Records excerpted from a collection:
################
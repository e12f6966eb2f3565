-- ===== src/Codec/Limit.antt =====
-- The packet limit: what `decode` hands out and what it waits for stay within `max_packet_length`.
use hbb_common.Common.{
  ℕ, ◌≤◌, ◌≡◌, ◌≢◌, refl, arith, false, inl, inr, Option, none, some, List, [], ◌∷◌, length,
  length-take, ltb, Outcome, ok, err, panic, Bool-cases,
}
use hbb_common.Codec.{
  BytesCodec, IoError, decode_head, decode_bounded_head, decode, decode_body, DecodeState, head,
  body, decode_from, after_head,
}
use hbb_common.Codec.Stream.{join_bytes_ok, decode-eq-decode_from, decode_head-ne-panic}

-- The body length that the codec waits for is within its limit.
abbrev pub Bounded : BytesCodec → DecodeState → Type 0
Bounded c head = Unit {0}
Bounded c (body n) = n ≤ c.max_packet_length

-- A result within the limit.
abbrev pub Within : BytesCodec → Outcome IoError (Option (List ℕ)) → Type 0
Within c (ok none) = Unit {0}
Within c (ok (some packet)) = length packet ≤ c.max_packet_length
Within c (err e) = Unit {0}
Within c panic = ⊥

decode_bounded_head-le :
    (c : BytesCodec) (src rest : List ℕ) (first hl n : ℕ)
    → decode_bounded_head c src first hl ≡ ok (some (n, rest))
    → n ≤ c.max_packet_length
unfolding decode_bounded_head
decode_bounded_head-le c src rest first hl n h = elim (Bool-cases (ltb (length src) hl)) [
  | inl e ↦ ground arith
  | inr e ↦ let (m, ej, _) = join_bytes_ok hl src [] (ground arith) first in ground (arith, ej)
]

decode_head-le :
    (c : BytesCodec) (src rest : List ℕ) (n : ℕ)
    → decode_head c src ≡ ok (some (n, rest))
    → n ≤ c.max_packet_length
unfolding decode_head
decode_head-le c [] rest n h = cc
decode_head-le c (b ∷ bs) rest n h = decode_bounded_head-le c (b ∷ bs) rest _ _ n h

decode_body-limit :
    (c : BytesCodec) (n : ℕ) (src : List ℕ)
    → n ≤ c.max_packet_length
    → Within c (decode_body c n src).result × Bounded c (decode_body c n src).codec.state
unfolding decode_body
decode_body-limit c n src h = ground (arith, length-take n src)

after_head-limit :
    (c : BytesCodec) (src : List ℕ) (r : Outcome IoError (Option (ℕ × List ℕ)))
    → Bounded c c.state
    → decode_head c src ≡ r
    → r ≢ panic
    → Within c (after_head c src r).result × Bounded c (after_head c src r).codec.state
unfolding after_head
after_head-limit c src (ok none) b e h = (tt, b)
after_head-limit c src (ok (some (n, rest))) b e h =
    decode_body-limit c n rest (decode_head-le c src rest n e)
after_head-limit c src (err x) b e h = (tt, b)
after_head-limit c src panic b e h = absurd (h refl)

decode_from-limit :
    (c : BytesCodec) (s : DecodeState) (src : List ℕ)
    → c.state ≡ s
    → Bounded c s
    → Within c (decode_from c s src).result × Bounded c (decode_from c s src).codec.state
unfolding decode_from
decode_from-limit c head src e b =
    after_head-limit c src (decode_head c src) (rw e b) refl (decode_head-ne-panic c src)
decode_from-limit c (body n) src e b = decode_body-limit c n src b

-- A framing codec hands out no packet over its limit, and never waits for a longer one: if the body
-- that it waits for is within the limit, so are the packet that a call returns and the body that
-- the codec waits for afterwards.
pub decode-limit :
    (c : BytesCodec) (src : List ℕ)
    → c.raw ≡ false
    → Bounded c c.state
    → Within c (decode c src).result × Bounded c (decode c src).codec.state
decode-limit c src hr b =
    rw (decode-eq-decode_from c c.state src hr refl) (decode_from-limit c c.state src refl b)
################
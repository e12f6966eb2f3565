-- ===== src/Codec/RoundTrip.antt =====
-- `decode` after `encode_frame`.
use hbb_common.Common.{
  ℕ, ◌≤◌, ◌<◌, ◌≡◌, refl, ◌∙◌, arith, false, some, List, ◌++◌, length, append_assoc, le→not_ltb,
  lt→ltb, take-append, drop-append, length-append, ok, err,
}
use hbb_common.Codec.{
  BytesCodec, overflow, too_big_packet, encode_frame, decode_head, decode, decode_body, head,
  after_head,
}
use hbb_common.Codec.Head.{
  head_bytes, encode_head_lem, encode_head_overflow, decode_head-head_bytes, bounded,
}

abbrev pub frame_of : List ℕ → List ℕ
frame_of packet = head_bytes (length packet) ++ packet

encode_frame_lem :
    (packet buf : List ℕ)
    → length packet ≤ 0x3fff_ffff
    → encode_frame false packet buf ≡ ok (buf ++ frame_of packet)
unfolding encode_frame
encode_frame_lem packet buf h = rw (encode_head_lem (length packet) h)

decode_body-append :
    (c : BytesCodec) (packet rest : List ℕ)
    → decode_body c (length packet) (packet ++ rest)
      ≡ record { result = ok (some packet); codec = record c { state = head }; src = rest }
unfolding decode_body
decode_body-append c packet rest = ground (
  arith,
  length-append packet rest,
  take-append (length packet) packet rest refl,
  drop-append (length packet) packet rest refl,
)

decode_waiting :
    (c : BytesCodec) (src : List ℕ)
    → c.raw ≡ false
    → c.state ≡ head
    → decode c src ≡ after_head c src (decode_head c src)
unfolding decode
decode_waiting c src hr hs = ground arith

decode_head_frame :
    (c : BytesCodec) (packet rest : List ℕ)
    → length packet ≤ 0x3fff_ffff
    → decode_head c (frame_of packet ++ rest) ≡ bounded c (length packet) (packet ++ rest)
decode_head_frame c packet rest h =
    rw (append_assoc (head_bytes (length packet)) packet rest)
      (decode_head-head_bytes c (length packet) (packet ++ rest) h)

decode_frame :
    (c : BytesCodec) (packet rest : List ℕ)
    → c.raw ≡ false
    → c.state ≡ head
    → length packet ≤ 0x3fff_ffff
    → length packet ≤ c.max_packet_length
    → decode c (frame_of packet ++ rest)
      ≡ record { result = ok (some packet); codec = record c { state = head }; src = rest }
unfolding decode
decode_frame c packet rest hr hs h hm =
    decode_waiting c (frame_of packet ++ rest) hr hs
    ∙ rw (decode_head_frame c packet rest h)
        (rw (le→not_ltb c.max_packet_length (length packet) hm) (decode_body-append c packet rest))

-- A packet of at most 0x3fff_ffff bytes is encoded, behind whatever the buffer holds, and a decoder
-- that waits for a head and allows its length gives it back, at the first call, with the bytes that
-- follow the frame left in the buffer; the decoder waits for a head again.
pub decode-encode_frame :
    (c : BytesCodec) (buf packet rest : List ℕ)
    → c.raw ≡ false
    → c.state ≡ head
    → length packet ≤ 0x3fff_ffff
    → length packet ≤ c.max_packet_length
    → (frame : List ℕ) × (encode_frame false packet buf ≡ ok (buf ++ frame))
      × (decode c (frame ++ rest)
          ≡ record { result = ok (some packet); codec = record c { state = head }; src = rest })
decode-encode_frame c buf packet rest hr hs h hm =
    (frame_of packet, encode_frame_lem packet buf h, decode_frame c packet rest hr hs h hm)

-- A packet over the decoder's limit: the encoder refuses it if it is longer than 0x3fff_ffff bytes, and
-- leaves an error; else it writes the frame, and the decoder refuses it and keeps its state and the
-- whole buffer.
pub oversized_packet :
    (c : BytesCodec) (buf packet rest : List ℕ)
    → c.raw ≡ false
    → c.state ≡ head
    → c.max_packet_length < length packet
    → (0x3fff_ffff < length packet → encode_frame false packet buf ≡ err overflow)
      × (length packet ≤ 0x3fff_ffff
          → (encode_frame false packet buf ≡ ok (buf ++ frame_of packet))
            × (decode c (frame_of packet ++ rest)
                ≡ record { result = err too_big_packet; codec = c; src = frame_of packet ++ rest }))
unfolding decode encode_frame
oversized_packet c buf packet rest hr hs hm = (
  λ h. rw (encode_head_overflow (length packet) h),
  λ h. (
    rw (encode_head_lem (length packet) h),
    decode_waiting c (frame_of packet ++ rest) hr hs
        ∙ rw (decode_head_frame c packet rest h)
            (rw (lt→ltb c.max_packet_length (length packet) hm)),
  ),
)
################
TASK DIRECTIONS:
Would you copy out every line in the records that includes the string "DecodeState"?

RESULT OF THIS EXERCISE:
  BytesCodec, IoError, decode_head, decode_bounded_head, decode, decode_body, DecodeState, head,
abbrev pub Bounded : BytesCodec → DecodeState → Type 0
    (c : BytesCodec) (s : DecodeState) (src : List ℕ)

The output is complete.